Different expression systems offer varying advantages for producing functional Cgl2017/cg2211. The following table compares key systems based on current research:

Based on available research, C. glutamicum K9 (HtrA-deficient) presents the most promising system for functional production of Cgl2017/cg2211 . This strain addresses secretion stress-related proteolytic degradation issues and has demonstrated significantly improved yields for other proteins (from 7 mg L⁻¹ to ~100 mg L⁻¹ in optimized conditions) .

For optimal results with this system, cultivation in minimal medium supplemented with CaCl₂ and Tween 80 under conditions of low aeration is recommended to prevent activity loss during extended cultivation periods .

What are the most promising research directions for elucidating the function of Cgl2017/cg2211?

The most promising research directions for elucidating the function of the uncharacterized membrane protein Cgl2017/cg2211 involve integrated structural, genetic, and biochemical approaches:

Cryo-EM Structural Analysis: Building on existing structural data of the III2-IV2 respiratory supercomplex , higher-resolution structural studies focused specifically on Cgl2017/cg2211 and its interaction interfaces would provide valuable insights into its precise role within the complex.

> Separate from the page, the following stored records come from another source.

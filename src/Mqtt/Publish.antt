-- ===== src/Mqtt/Publish.antt =====
-- PUBLISH packets in src_py/hat/drivers/mqtt/transport/encoder.py.
pub mod RoundTrip
use hat_drivers.Base.{
  ℕ, List, [], ◌∷◌, Bool, Option, none, some, Result, ok, err, ◌>>=◌, ◌>>◌, guard, true, false,
}
use hat_drivers.Base.{plain, attribute_error, mqtt_malformed_packet}
use hat_drivers.Mqtt.Common.{QoS, at_most_once}
use hat_drivers.Mqtt.Primitives.{encode_uint16, decode_uint16, encode_string, decode_string, ◌+>◌}
use hat_drivers.Mqtt.Properties
use hat_drivers.Mqtt.Properties.{
  PropertyType, text, identifiers, Options, collect, get, encode_props, decode_props,
}
use hat_drivers.Mqtt.Fields.{
  optional_number, optional_text, optional_binary, nonempty_pairs, when, flag_or,
}
use hat_drivers.Mqtt.Fields.{as_number, as_text, as_binary, as_pairs, as_identifiers, is_empty}
use hat_drivers.Base.Utf8.{is_utf8}
use hat_drivers.Mqtt.Packet.{PublishPacket, Payload, text_payload, binary_payload}

unfoldable pub is_text : Payload → Bool
is_text (text_payload s) = true
is_text (binary_payload bs) = false

abbrev pub payload_bytes : Payload → List ℕ
payload_bytes (text_payload s) = s
payload_bytes (binary_payload bs) = bs

abbrev pub publish_types : List PropertyType
publish_types =
    Properties.payload_format_indicator ∷ Properties.message_expiry_interval
    ∷ Properties.topic_alias ∷ Properties.response_topic ∷ Properties.correlation_data
    ∷ Properties.user_property ∷ Properties.subscription_identifier ∷ Properties.content_type ∷ []

-- The properties of a packet without subscription identifiers
abbrev pub publish_options : PublishPacket → Options
publish_options p =
    (Properties.payload_format_indicator, when (is_text p.payload) 1)
    ∷ (Properties.message_expiry_interval, optional_number p.message_expiry_interval)
    ∷ (Properties.topic_alias, optional_number p.topic_alias)
    ∷ (Properties.response_topic, optional_text p.response_topic)
    ∷ (Properties.correlation_data, optional_binary p.correlation_data)
    ∷ (Properties.user_property, nonempty_pairs p.user_properties)
    ∷ (Properties.content_type, optional_text p.content_type)
    ∷ []

unfoldable pub encode_identifier : QoS → Option ℕ → Result (List ℕ)
encode_identifier at_most_once identifier = ok []
encode_identifier q none = err plain
encode_identifier q (some identifier) = encode_uint16 identifier

-- With subscription identifiers the code asks for `packet.subscription_identifier`, which is no field.
unfoldable pub encode_publish_packet : PublishPacket → Result (List ℕ)
unfolding encode_identifier is_empty
encode_publish_packet p =
    encode_string p.topic_name
    +> (encode_identifier p.qos p.packet_identifier
        +> (guard (is_empty p.subscription_identifiers) attribute_error
            >> (encode_props (collect (publish_options p)) +> ok (payload_bytes p.payload))))

unfoldable pub decode_identifier : QoS → List ℕ → Result (Option ℕ × List ℕ)
decode_identifier at_most_once bs = ok (none, bs)
decode_identifier q bs = do (identifier, rest) ← decode_uint16 bs; ok (some identifier, rest)

unfoldable pub decode_payload : Bool → List ℕ → Result Payload
decode_payload false bs = ok (binary_payload bs)
decode_payload true bs = do guard (is_utf8 bs) mqtt_malformed_packet; ok (text_payload bs)

unfoldable pub decode_publish_packet : Bool → QoS → Bool → List ℕ → Result (PublishPacket × List ℕ)
unfolding decode_identifier decode_payload
decode_publish_packet duplicate qos retain bs = do
  (topic_name, rest) ← decode_string bs
  (packet_identifier, rest') ← decode_identifier qos rest
  (props, rest'') ← decode_props publish_types rest'
  payload ← decode_payload (flag_or 0 (get props Properties.payload_format_indicator)) rest''
  ok (
    record {
      duplicate = duplicate;
      qos = qos;
      retain = retain;
      topic_name = topic_name;
      packet_identifier = packet_identifier;
      message_expiry_interval = as_number (get props Properties.message_expiry_interval);
      topic_alias = as_number (get props Properties.topic_alias);
      response_topic = as_text (get props Properties.response_topic);
      correlation_data = as_binary (get props Properties.correlation_data);
      user_properties = as_pairs (get props Properties.user_property);
      subscription_identifiers = as_identifiers (get props Properties.subscription_identifier);
      content_type = as_text (get props Properties.content_type);
      payload = payload;
    },
    [],
  )
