-- ===== src/Mqtt/Connect.antt =====
-- Wills and CONNECT packets in src_py/hat/drivers/mqtt/transport/encoder.py.
pub mod RoundTrip
use hat_drivers.Base.{
  ℕ, List, [], ◌∷◌, Bool, not, ◌&&◌, ◌||◌, if◌then◌else◌, bit_or, bit_and, ◌*◌, ◌/◌, ◌^◌, ◌==◌,
  Option, none, some, Result, ok, err, ◌>>=◌, ◌>>◌, guard, true, false,
}
use hat_drivers.Base.{mqtt_protocol_error, mqtt_malformed_packet, mqtt_unsupported_version}
use hat_drivers.Mqtt.Common.{Text, QoS, at_most_once, qos_value, to_qos}
use hat_drivers.Mqtt.Primitives.{
  decode_uint8, encode_uint16, decode_uint16, encode_string, decode_string, encode_binary,
  decode_binary, ◌+>◌,
}
use hat_drivers.Mqtt.Properties
use hat_drivers.Mqtt.Properties.{
  PropertyType, text, Options, collect, get, encode_props, decode_props,
}
use hat_drivers.Mqtt.Fields.{
  optional_number, optional_text, optional_binary, nonempty_pairs, unless, when, flag_or, number_or,
}
use hat_drivers.Mqtt.Fields.{
  as_number, as_text, as_binary, as_pairs, instead, is_some, encode_optional, decode_optional,
}
use hat_drivers.Mqtt.Packet.{Will, ConnectPacket, Payload, text_payload, binary_payload}
use hat_drivers.Mqtt.Publish.{is_text}

abbrev pub will_types : List PropertyType
will_types =
    Properties.will_delay_interval ∷ Properties.payload_format_indicator
    ∷ Properties.message_expiry_interval ∷ Properties.content_type ∷ Properties.response_topic
    ∷ Properties.correlation_data ∷ Properties.user_property ∷ []

abbrev pub will_options : Will → Options
will_options w =
    (Properties.will_delay_interval, unless 0 w.delay_interval)
    ∷ (Properties.payload_format_indicator, when (is_text w.payload) 1)
    ∷ (Properties.message_expiry_interval, optional_number w.message_expiry_interval)
    ∷ (Properties.content_type, optional_text w.content_type)
    ∷ (Properties.response_topic, optional_text w.response_topic)
    ∷ (Properties.correlation_data, optional_binary w.correlation_data)
    ∷ (Properties.user_property, nonempty_pairs w.user_properties)
    ∷ []

unfoldable pub encode_will_payload : Payload → Result (List ℕ)
encode_will_payload (text_payload s) = encode_string s
encode_will_payload (binary_payload bs) = encode_binary bs

unfoldable pub encode_will : Will → Result (List ℕ)
unfolding encode_will_payload
encode_will w =
    encode_props (collect (will_options w))
    +> (encode_string w.topic +> encode_will_payload w.payload)

unfoldable pub decode_will_payload : Bool → List ℕ → Result (Payload × List ℕ)
decode_will_payload true bs = do (s, rest) ← decode_string bs; ok (text_payload s, rest)
decode_will_payload false bs = do (b, rest) ← decode_binary bs; ok (binary_payload b, rest)

unfoldable pub decode_will : QoS → Bool → List ℕ → Result (Will × List ℕ)
unfolding decode_will_payload
decode_will qos retain bs = do
  (props, rest) ← decode_props will_types bs
  (topic, rest') ← decode_string rest
  (payload, rest'') ←
      decode_will_payload (flag_or 0 (get props Properties.payload_format_indicator)) rest'
  ok (
    record {
      qos = qos;
      retain = retain;
      delay_interval = number_or 0 (get props Properties.will_delay_interval);
      message_expiry_interval = as_number (get props Properties.message_expiry_interval);
      content_type = as_text (get props Properties.content_type);
      response_topic = as_text (get props Properties.response_topic);
      correlation_data = as_binary (get props Properties.correlation_data);
      user_properties = as_pairs (get props Properties.user_property);
      topic = topic;
      payload = payload;
    },
    rest'',
  )

-- `'MQTT'`
abbrev pub protocol_name : Text
protocol_name = 77 ∷ 81 ∷ 84 ∷ 84 ∷ []

unfoldable pub is_protocol_name : Text → Bool
is_protocol_name (a ∷ b ∷ c ∷ d ∷ []) = (a == 77) && ((b == 81) && ((c == 84) && (d == 84)))
is_protocol_name _ = false

-- The byte of flags; of a will it has the quality of service and the retain flag.
unfoldable pub connect_flags : Bool → Bool → QoS → Bool → Bool → Bool → ℕ
connect_flags clean_start will qos retain user_name password =
    bit_or
      (bit_or
        (bit_or
          (bit_or (bit_or (if clean_start then 0x02 else 0x00) (if will then 0x04 else 0x00))
            (if will then qos_value qos * 2 ^ 3 else 0x00))
          (if will && retain then 0x20 else 0x00))
        (if user_name then 0x80 else 0x00))
      (if password then 0x40 else 0x00)

-- `will.qos` and `will.retain`; where there is no will, nothing depends on them.
unfoldable pub will_qos : Option Will → QoS
will_qos none = at_most_once
will_qos (some w) = w.qos

unfoldable pub will_retain : Option Will → Bool
will_retain none = false
will_retain (some w) = w.retain

abbrev pub connect_types : List PropertyType
connect_types =
    Properties.session_expiry_interval ∷ Properties.receive_maximum ∷ Properties.maximum_packet_size
    ∷ Properties.topic_alias_maximum ∷ Properties.request_response_information
    ∷ Properties.request_problem_information ∷ Properties.user_property
    ∷ Properties.authentication_method ∷ Properties.authentication_data ∷ []

abbrev pub connect_options : ConnectPacket → Options
connect_options p =
    (Properties.session_expiry_interval, unless 0 p.session_expiry_interval)
    ∷ (Properties.receive_maximum, unless 0xffff p.receive_maximum)
    ∷ (Properties.maximum_packet_size, optional_number p.maximum_packet_size)
    ∷ (Properties.topic_alias_maximum, unless 0 p.topic_alias_maximum)
    ∷ (Properties.request_response_information, when p.request_response_information 1)
    ∷ (Properties.request_problem_information, when (not p.request_problem_information) 0)
    ∷ (Properties.user_property, nonempty_pairs p.user_properties)
    ∷ (Properties.authentication_method, optional_text p.authentication_method)
    ∷ (Properties.authentication_data, optional_binary p.authentication_data)
    ∷ []

unfoldable pub encode_connect_packet : ConnectPacket → Result (List ℕ)
unfolding connect_flags will_qos will_retain is_some encode_optional encode_will
encode_connect_packet p =
    encode_string protocol_name
    +> (ok (5 ∷ [])
        +> (ok (
              connect_flags p.clean_start (is_some p.will) (will_qos p.will) (will_retain p.will)
                (is_some p.user_name) (is_some p.password)
              ∷ [])
            +> (encode_uint16 p.keep_alive
                +> (encode_props (collect (connect_options p))
                    +> (encode_string p.client_identifier
                        +> (encode_optional encode_will p.will
                            +> (encode_optional encode_string p.user_name
                                +> encode_optional encode_binary p.password)))))))

unfoldable pub decode_connect_packet : List ℕ → Result (ConnectPacket × List ℕ)
unfolding is_protocol_name decode_will decode_optional is_some instead
decode_connect_packet bs = do
  (name, rest) ← decode_string bs
  guard (is_protocol_name name) mqtt_unsupported_version
  (version, rest) ← decode_uint8 rest
  guard (version == 5) mqtt_unsupported_version
  (flags, rest) ← decode_uint8 rest
  qos ← instead mqtt_malformed_packet (to_qos (bit_and (flags / 2 ^ 3) 0x03))
  (keep_alive, rest) ← decode_uint16 rest
  (props, rest) ← decode_props connect_types rest
  let authentication_method = as_text (get props Properties.authentication_method)
  let authentication_data = as_binary (get props Properties.authentication_data)
  guard (is_some authentication_method || not (is_some authentication_data)) mqtt_protocol_error
  (client_identifier, rest) ← decode_string rest
  (will, rest) ←
      decode_optional (not (bit_and flags 0x04 == 0))
        (decode_will qos (not (bit_and flags 0x20 == 0))) rest
  (user_name, rest) ← decode_optional (not (bit_and flags 0x80 == 0)) decode_string rest
  (password, rest) ← decode_optional (not (bit_and flags 0x40 == 0)) decode_binary rest
  ok (
    record {
      clean_start = not (bit_and flags 0x02 == 0);
      keep_alive = keep_alive;
      session_expiry_interval = number_or 0 (get props Properties.session_expiry_interval);
      receive_maximum = number_or 0xffff (get props Properties.receive_maximum);
      maximum_packet_size = as_number (get props Properties.maximum_packet_size);
      topic_alias_maximum = number_or 0 (get props Properties.topic_alias_maximum);
      request_response_information = flag_or 0 (get props Properties.request_response_information);
      request_problem_information = flag_or 1 (get props Properties.request_problem_information);
      user_properties = as_pairs (get props Properties.user_property);
      authentication_method = authentication_method;
      authentication_data = authentication_data;
      client_identifier = client_identifier;
      will = will;
      user_name = user_name;
      password = password;
    },
    rest,
  )
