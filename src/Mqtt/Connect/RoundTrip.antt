-- ===== src/Mqtt/Connect/RoundTrip.antt =====
-- Wills and CONNECT packets come back.
use hat_drivers.Base.{
  ℕ, ◌≤◌, ◌≡◌, refl, List, [], ◌∷◌, Bool, true, false, not, Option, none, some, ok, arith,
}
use hat_drivers.Mqtt.Common.{Text, QoS, at_most_once, qos_value, to_qos}
use hat_drivers.Mqtt.Primitives.{encode_string, decode_string, encode_binary, decode_binary}
use hat_drivers.Mqtt.Primitives.RoundTrip.{
  Reads, uint16-Reads, text-Reads, binary-Reads, IsText, IsBinary,
}
use hat_drivers.Mqtt.Primitives.Sequence.{then-Reads, last-Reads}
use hat_drivers.Mqtt.Properties.{property_value, same_type, mentions}
use hat_drivers.Mqtt.Properties.RoundTrip.{
  Writable, is_listed, lacks, lookup, props-Reads, get-collect,
}
use hat_drivers.Mqtt.Fields.{
  as_number-optional_number, as_text-optional_text, as_binary-optional_binary,
  as_pairs-nonempty_pairs, number_or-unless, flag_or-when, flag_or-when-not, is_some, instead,
  AllOption, optional-Reads,
}
use hat_drivers.Base.{bit_and, ◌==◌, ◌/◌, ◌^◌, ◌||◌}
use hat_drivers.Mqtt.Packet.{Will, ConnectPacket, Payload, text_payload, binary_payload}
use hat_drivers.Mqtt.Publish.{is_text}
use hat_drivers.Mqtt.Primitives.{decode_uint8}
use hat_drivers.Mqtt.Fields.{encode_optional, decode_optional}
use hat_drivers.Base.Utf8.{is_utf8}
use hat_drivers.Mqtt.Connect.{
  will_types, will_options, encode_will_payload, decode_will_payload, encode_will, decode_will,
}
use hat_drivers.Mqtt.Connect.{
  protocol_name, is_protocol_name, connect_flags, will_qos, will_retain, connect_types,
  connect_options,
}
use hat_drivers.Mqtt.Connect.{encode_connect_packet, decode_connect_packet}

abbrev pub FitsWill : Payload → Type 0
FitsWill (text_payload s) = IsText s
FitsWill (binary_payload bs) = IsBinary bs

abbrev pub IsWill : Will → Type 0
IsWill w = Writable (will_options w) × IsText w.topic × FitsWill w.payload

payload-Reads :
    (p : Payload) → FitsWill p → Reads (encode_will_payload p) (decode_will_payload (is_text p)) p
unfolding encode_will_payload decode_will_payload is_text
payload-Reads (text_payload s) h = last-Reads _ (text-Reads s h) (λ rest. refl)
payload-Reads (binary_payload bs) h = last-Reads _ (binary-Reads bs h) (λ rest. refl)

pub will-Reads : (w : Will) → IsWill w → Reads (encode_will w) (decode_will w.qos w.retain) w
unfolding encode_will decode_will is_listed lacks lookup mentions same_type property_value
will-Reads w h = then-Reads _ (props-Reads will_types (will_options w) refl h.0) (
    then-Reads _ (text-Reads w.topic h.1) (
      rw (get-collect will_types (will_options w) refl, flag_or-when (is_text w.payload))
        (last-Reads _ (payload-Reads w.payload h.2) (λ rest.
          rw
            (
              number_or-unless 0 w.delay_interval,
              as_number-optional_number w.message_expiry_interval,
              as_text-optional_text w.content_type,
              as_text-optional_text w.response_topic,
              as_binary-optional_binary w.correlation_data,
              as_pairs-nonempty_pairs w.user_properties,
            )
            refl))))

-- What the decoder reads in a byte of flags
record Flags (n : ℕ) (clean_start will : Bool) (qos : QoS) (retain user_name password : Bool)
    : Type 0 where
  is_byte : n ≤ 255
  reads_qos : to_qos (bit_and (n / 2 ^ 3) 0x03) ≡ ok qos
  reads_clean_start : not (bit_and n 0x02 == 0) ≡ clean_start
  reads_will : not (bit_and n 0x04 == 0) ≡ will
  reads_retain : not (bit_and n 0x20 == 0) ≡ retain
  reads_user_name : not (bit_and n 0x80 == 0) ≡ user_name
  reads_password : not (bit_and n 0x40 == 0) ≡ password

will-Flags :
    (qos : QoS) (clean_start retain user_name password : Bool)
    → Flags
        (connect_flags clean_start true qos retain user_name password)
        clean_start
        true
        qos
        retain
        user_name
        password
unfolding connect_flags qos_value to_qos
will-Flags qos clean_start retain user_name password = record {
  is_byte = ground arith;
  reads_qos = ground arith;
  reads_clean_start = ground arith;
  reads_will = ground arith;
  reads_retain = ground arith;
  reads_user_name = ground arith;
  reads_password = ground arith;
}

no_will-Flags :
    (clean_start user_name password : Bool)
    → Flags
        (connect_flags clean_start false at_most_once false user_name password)
        clean_start
        false
        at_most_once
        false
        user_name
        password
unfolding connect_flags qos_value to_qos
no_will-Flags clean_start user_name password = record {
  is_byte = ground arith;
  reads_qos = ground arith;
  reads_clean_start = ground arith;
  reads_will = ground arith;
  reads_retain = ground arith;
  reads_user_name = ground arith;
  reads_password = ground arith;
}

connect_flags-Flags :
    (clean_start : Bool) (will : Option Will) (user_name password : Bool)
    → Flags
        (connect_flags clean_start
          (is_some will)
          (will_qos will)
          (will_retain will)
          user_name
          password)
        clean_start
        (is_some will)
        (will_qos will)
        (will_retain will)
        user_name
        password
unfolding is_some will_qos will_retain
connect_flags-Flags clean_start none user_name password =
    no_will-Flags clean_start user_name password
connect_flags-Flags clean_start (some w) user_name password =
    will-Flags w.qos clean_start w.retain user_name password

byte-Reads : (n : ℕ) → n ≤ 255 → Reads (ok (n ∷ [])) decode_uint8 n
unfolding decode_uint8
byte-Reads n h = record {
  image = n ∷ [];
  writes = refl;
  reads = λ rest. refl;
  are_bytes = (omega (arith, h), tt);
}

-- An optional will comes back with its quality of service and its retain flag from the byte of flags.
optional_will :
    (will : Option Will)
    → AllOption IsWill will
    → Reads
        (encode_optional encode_will will)
        (decode_optional (is_some will) (decode_will (will_qos will) (will_retain will)))
        will
unfolding will_qos will_retain encode_optional decode_optional is_some
optional_will none h = record { image = []; writes = refl; reads = λ rest. refl; are_bytes = tt }
optional_will (some w) h = last-Reads _ (will-Reads w h) (λ rest. refl)

texts :
    (o : Option Text)
    → AllOption IsText o
    → AllOption (λ s. Reads (encode_string s) decode_string s) o
texts none h = tt
texts (some s) h = text-Reads s h

binaries :
    (o : Option (List ℕ))
    → AllOption IsBinary o
    → AllOption (λ bs. Reads (encode_binary bs) decode_binary bs) o
binaries none h = tt
binaries (some bs) h = binary-Reads bs h

-- Fields in range; authentication data have a method.
pub record IsConnect (p : ConnectPacket) : Type 0 where
  pub keep_alive : p.keep_alive ≤ 0xffff
  pub options : Writable (connect_options p)
  pub method : (is_some p.authentication_method || not (is_some p.authentication_data)) ≡ true
  pub client_identifier : IsText p.client_identifier
  pub will : AllOption IsWill p.will
  pub user_name : AllOption IsText p.user_name
  pub password : AllOption IsBinary p.password

name-IsText : IsText protocol_name
unfolding is_utf8
name-IsText = ((omega arith, (omega arith, (omega arith, (omega arith, (omega arith, tt))))), refl)

pub connect-Reads :
    (p : ConnectPacket) → IsConnect p → Reads (encode_connect_packet p) decode_connect_packet p
unfolding encode_connect_packet decode_connect_packet is_listed lacks lookup mentions same_type
    property_value is_protocol_name instead
connect-Reads p h =
    let f = connect_flags-Flags p.clean_start p.will (is_some p.user_name) (is_some p.password) in
    then-Reads _ (text-Reads protocol_name name-IsText) (
      then-Reads _ (byte-Reads 5 (omega arith)) (
        then-Reads _ (byte-Reads _ f.is_byte) (
          rw (f.reads_qos) (
            then-Reads _ (uint16-Reads p.keep_alive h.keep_alive) (
              then-Reads _ (props-Reads connect_types (connect_options p) refl h.options) (
                rw
                  (
                    get-collect connect_types (connect_options p) refl,
                    as_text-optional_text p.authentication_method,
                    as_binary-optional_binary p.authentication_data,
                    h.method,
                  )
                  (then-Reads _ (text-Reads p.client_identifier h.client_identifier) (
                    rw
                      (
                        f.reads_will, f.reads_retain, f.reads_user_name, f.reads_password,
                        f.reads_clean_start,
                      )
                      (then-Reads _ (optional_will p.will h.will) (
                        then-Reads _
                          (optional-Reads encode_string decode_string p.user_name
                            (texts p.user_name h.user_name))
                          (last-Reads _
                            (optional-Reads encode_binary decode_binary p.password
                              (binaries p.password h.password))
                            (λ rest.
                              rw
                                (
                                  number_or-unless 0 p.session_expiry_interval,
                                  number_or-unless 0xffff p.receive_maximum,
                                  as_number-optional_number p.maximum_packet_size,
                                  number_or-unless 0 p.topic_alias_maximum,
                                  flag_or-when p.request_response_information,
                                  flag_or-when-not p.request_problem_information,
                                  as_pairs-nonempty_pairs p.user_properties,
                                )
                                refl))))))))))))
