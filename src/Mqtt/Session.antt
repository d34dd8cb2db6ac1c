-- ===== src/Mqtt/Session.antt =====
-- DISCONNECT and AUTH packets in src_py/hat/drivers/mqtt/transport/encoder.py.
pub mod RoundTrip
use hat_drivers.Base.{ℕ, List, [], ◌∷◌, Option, none, some, Result, ok, err, ◌>>=◌, ◌>>◌}
use hat_drivers.Base.{mqtt_protocol_error}
use hat_drivers.Mqtt.Primitives.{◌+>◌}
use hat_drivers.Mqtt.Properties
use hat_drivers.Mqtt.Properties.{
  PropertyType, text, Options, collect, get, encode_props, decode_props,
}
use hat_drivers.Mqtt.Fields.{optional_number, optional_text, optional_binary, nonempty_pairs}
use hat_drivers.Mqtt.Fields.{
  as_number, as_text, as_binary, as_pairs, encode_reason, decode_reason, required,
}
use hat_drivers.Mqtt.Packet.{DisconnectPacket, AuthPacket}

abbrev pub disconnect_types : List PropertyType
disconnect_types =
    Properties.session_expiry_interval ∷ Properties.reason_string ∷ Properties.user_property
    ∷ Properties.server_reference ∷ []

abbrev pub disconnect_options : DisconnectPacket → Options
disconnect_options p =
    (Properties.session_expiry_interval, optional_number p.session_expiry_interval)
    ∷ (Properties.reason_string, optional_text p.reason_string)
    ∷ (Properties.user_property, nonempty_pairs p.user_properties)
    ∷ (Properties.server_reference, optional_text p.server_reference)
    ∷ []

unfoldable pub encode_disconnect_packet : DisconnectPacket → Result (List ℕ)
encode_disconnect_packet p = encode_reason p.reason +> encode_props (collect (disconnect_options p))

unfoldable pub decode_disconnect_packet : List ℕ → Result (DisconnectPacket × List ℕ)
decode_disconnect_packet bs = do
  (reason, rest) ← decode_reason bs
  (props, rest') ← decode_props disconnect_types rest
  ok (
    record {
      reason = reason;
      session_expiry_interval = as_number (get props Properties.session_expiry_interval);
      reason_string = as_text (get props Properties.reason_string);
      user_properties = as_pairs (get props Properties.user_property);
      server_reference = as_text (get props Properties.server_reference);
    },
    rest',
  )

abbrev pub auth_types : List PropertyType
auth_types =
    Properties.authentication_method ∷ Properties.authentication_data ∷ Properties.reason_string
    ∷ Properties.user_property ∷ []

abbrev pub auth_options : AuthPacket → Options
auth_options p =
    (Properties.authentication_method, some (text p.authentication_method))
    ∷ (Properties.authentication_data, optional_binary p.authentication_data)
    ∷ (Properties.reason_string, optional_text p.reason_string)
    ∷ (Properties.user_property, nonempty_pairs p.user_properties)
    ∷ []

unfoldable pub encode_auth_packet : AuthPacket → Result (List ℕ)
encode_auth_packet p = encode_reason p.reason +> encode_props (collect (auth_options p))

unfoldable pub decode_auth_packet : List ℕ → Result (AuthPacket × List ℕ)
unfolding required
decode_auth_packet bs = do
  (reason, rest) ← decode_reason bs
  (props, rest') ← decode_props auth_types rest
  authentication_method ←
      required mqtt_protocol_error (as_text (get props Properties.authentication_method))
  ok (
    record {
      reason = reason;
      authentication_method = authentication_method;
      authentication_data = as_binary (get props Properties.authentication_data);
      reason_string = as_text (get props Properties.reason_string);
      user_properties = as_pairs (get props Properties.user_property);
    },
    rest',
  )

Genetic Dissection: Using optimized RecET recombineering techniques to create targeted mutations, domain deletions, and chimeric proteins to systematically identify functional regions of the protein.

Interactome Analysis: Comprehensive identification of protein interaction partners using approaches like proximity labeling (BioID) and cross-linking mass spectrometry to map the protein's position within the respiratory machinery.

Functional Reconstitution: Purification of the protein using SMALP encapsulation followed by reconstitution into proteoliposomes to directly measure electron transfer and other potential activities.

Comparative Genomics: Systematic analysis of homologs across Actinobacteria and other bacterial phyla to identify conserved features that might indicate functional importance.

Metabolic Impact Assessment: Comprehensive metabolomic and fluxomic analysis of wildtype versus cg2211 deletion strains to identify metabolic pathways affected by the protein's absence.